### Entries supplied ###

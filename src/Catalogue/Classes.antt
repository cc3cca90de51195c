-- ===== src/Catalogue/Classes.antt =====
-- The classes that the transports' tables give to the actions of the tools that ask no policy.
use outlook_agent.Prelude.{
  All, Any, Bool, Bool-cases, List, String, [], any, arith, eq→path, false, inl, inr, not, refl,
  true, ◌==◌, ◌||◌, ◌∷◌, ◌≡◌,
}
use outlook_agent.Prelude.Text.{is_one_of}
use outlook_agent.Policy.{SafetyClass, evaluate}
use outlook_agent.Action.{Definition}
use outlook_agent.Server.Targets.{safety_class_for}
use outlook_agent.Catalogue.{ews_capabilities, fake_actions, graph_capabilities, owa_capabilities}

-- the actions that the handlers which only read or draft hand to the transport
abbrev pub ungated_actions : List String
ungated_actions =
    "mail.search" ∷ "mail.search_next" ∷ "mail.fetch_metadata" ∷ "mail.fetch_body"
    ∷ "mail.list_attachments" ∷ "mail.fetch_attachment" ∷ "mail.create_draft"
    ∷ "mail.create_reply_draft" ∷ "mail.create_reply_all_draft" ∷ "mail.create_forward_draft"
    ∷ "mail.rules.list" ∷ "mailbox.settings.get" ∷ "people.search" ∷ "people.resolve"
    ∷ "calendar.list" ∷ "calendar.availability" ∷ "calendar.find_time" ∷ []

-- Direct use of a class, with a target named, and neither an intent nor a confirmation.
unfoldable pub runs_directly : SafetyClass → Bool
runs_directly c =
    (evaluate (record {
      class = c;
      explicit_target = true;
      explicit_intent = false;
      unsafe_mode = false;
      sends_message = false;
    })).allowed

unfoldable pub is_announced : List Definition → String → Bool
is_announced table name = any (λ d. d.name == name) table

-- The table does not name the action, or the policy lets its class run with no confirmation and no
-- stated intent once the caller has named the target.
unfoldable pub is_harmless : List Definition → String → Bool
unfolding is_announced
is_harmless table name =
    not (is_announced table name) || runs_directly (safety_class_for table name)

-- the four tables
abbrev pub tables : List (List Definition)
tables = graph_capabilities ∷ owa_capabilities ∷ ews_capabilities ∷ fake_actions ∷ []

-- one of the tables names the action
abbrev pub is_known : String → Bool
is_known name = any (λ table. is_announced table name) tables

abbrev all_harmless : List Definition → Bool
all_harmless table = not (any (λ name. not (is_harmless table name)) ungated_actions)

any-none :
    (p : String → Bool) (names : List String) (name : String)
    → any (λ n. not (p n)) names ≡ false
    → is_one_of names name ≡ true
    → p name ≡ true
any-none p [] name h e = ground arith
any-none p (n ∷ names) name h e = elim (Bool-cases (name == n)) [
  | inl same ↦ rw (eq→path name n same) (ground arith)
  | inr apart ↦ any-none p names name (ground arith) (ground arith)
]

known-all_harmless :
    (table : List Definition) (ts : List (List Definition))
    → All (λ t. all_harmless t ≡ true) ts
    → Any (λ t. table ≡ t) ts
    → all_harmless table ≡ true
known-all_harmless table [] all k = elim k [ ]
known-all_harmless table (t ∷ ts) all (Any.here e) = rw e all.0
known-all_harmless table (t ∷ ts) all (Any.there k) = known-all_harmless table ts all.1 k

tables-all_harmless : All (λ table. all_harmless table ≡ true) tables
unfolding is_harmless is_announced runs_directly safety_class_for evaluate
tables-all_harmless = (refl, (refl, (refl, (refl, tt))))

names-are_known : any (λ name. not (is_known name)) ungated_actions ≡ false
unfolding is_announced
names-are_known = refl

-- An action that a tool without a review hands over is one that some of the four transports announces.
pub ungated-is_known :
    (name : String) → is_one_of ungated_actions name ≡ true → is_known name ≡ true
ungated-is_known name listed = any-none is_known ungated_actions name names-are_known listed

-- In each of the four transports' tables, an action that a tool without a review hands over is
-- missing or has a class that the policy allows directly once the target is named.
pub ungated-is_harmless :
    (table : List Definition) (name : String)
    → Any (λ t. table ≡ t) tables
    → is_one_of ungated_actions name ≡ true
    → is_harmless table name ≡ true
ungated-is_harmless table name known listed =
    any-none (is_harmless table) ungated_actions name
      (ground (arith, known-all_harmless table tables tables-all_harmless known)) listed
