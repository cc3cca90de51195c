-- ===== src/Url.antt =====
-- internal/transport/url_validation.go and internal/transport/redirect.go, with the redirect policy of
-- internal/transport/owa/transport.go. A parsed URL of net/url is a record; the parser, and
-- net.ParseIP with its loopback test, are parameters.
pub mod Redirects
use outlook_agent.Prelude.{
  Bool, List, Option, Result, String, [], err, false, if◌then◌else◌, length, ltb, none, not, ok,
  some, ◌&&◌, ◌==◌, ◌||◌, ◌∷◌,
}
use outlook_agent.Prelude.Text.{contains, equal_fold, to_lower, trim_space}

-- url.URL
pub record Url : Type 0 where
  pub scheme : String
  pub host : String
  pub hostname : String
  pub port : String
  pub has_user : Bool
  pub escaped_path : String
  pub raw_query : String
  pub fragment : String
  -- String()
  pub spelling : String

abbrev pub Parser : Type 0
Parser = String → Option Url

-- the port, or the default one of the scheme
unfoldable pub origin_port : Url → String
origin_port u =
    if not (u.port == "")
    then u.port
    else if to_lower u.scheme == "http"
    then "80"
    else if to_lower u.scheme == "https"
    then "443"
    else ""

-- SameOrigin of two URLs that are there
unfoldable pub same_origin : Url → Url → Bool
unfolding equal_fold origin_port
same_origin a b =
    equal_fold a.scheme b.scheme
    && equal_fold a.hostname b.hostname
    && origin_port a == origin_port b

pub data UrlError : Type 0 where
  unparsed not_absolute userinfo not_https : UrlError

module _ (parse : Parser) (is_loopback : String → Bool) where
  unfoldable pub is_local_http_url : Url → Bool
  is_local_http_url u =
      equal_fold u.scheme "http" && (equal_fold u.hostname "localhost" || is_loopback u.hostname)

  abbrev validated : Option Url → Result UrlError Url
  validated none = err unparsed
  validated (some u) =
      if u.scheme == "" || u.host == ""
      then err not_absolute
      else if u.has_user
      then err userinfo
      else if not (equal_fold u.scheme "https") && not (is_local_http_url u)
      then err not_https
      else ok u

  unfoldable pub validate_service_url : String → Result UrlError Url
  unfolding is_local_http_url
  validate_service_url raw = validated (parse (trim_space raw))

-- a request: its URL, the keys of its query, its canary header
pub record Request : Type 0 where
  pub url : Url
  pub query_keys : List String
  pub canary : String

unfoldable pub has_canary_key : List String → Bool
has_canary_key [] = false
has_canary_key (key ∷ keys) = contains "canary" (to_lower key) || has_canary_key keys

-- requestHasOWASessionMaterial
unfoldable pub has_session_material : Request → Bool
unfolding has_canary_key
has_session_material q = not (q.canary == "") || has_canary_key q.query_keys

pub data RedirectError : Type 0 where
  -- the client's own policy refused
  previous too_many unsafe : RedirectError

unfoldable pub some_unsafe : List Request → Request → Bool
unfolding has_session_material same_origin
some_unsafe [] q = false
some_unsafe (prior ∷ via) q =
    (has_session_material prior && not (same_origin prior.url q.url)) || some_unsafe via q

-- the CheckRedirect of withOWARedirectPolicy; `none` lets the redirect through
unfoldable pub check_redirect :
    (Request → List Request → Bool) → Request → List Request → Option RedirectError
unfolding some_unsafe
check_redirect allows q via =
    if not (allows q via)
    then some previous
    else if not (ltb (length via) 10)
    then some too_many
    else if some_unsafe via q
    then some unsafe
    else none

###
### Entries supplied ###

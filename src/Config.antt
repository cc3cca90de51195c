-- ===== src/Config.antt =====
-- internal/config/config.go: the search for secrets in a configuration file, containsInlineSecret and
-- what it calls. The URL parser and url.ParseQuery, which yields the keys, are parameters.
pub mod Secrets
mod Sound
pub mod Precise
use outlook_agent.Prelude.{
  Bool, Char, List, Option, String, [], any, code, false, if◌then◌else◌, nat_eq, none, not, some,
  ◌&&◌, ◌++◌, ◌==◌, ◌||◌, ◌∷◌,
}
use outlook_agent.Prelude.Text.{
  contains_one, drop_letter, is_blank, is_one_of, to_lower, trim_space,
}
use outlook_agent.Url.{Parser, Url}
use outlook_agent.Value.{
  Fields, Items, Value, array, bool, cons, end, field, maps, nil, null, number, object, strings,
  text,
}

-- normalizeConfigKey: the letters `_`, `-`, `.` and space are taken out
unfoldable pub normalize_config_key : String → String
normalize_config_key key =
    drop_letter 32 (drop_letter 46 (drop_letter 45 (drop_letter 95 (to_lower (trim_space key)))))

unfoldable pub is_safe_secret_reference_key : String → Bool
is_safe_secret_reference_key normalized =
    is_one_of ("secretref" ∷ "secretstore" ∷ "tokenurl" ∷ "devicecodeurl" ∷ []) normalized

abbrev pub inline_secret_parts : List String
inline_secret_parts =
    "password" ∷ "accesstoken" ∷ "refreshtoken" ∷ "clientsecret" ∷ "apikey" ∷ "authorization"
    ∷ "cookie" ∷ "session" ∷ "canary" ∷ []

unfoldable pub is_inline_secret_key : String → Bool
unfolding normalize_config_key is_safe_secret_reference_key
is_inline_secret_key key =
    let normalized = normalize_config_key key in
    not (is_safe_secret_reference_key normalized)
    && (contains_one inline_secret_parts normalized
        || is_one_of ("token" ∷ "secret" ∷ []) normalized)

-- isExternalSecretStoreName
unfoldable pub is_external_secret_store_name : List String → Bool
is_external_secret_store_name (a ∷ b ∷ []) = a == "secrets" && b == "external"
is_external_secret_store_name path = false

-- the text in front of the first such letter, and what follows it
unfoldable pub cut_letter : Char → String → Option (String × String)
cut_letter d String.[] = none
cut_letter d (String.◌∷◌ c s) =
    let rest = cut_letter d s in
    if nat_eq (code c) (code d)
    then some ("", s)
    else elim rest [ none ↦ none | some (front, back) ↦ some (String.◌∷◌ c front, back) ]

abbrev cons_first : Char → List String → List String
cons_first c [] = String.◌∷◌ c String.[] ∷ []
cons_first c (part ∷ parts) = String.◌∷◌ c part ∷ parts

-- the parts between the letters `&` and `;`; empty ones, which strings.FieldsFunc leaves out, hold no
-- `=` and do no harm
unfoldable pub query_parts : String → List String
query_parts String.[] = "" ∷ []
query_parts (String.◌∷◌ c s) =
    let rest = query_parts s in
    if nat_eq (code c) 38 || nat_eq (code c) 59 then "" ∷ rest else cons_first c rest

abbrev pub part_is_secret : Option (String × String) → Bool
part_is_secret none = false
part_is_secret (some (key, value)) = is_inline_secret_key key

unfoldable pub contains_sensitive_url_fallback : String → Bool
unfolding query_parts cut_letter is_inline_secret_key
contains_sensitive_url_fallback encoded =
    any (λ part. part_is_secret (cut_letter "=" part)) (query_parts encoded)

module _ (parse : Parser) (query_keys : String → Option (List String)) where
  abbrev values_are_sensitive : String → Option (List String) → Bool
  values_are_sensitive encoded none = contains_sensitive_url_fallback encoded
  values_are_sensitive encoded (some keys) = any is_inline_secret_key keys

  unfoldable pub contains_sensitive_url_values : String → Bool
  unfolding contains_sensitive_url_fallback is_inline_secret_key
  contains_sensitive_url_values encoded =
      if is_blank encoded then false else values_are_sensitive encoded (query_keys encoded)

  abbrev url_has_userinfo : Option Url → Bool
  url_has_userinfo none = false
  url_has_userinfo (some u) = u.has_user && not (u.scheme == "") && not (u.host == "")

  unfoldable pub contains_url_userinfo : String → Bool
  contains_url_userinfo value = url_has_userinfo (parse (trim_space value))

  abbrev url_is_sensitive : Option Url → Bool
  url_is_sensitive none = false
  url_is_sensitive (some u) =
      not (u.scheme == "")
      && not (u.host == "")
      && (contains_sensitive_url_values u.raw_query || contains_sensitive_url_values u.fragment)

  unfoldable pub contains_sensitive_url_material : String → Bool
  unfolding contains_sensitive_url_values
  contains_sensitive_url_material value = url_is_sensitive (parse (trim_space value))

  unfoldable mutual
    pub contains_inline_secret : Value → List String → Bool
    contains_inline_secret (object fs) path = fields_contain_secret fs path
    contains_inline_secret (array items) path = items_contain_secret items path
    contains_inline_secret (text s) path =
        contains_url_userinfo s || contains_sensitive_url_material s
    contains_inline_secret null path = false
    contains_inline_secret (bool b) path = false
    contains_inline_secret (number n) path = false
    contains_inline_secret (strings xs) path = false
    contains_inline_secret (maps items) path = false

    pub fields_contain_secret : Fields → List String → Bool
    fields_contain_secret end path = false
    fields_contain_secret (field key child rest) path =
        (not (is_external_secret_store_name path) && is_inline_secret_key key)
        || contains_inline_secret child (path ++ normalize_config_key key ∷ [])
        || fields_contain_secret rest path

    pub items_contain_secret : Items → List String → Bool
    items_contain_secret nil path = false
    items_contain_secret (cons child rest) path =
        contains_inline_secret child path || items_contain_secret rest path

###

● **Aim of the task**
The answer must be every line of the records above that holds the word "object".

● **Completed task**
  Fields, Items, Value, array, bool, cons, end, field, maps, nil, null, number, object, strings,
    contains_inline_secret (object fs) path = fields_contain_secret fs path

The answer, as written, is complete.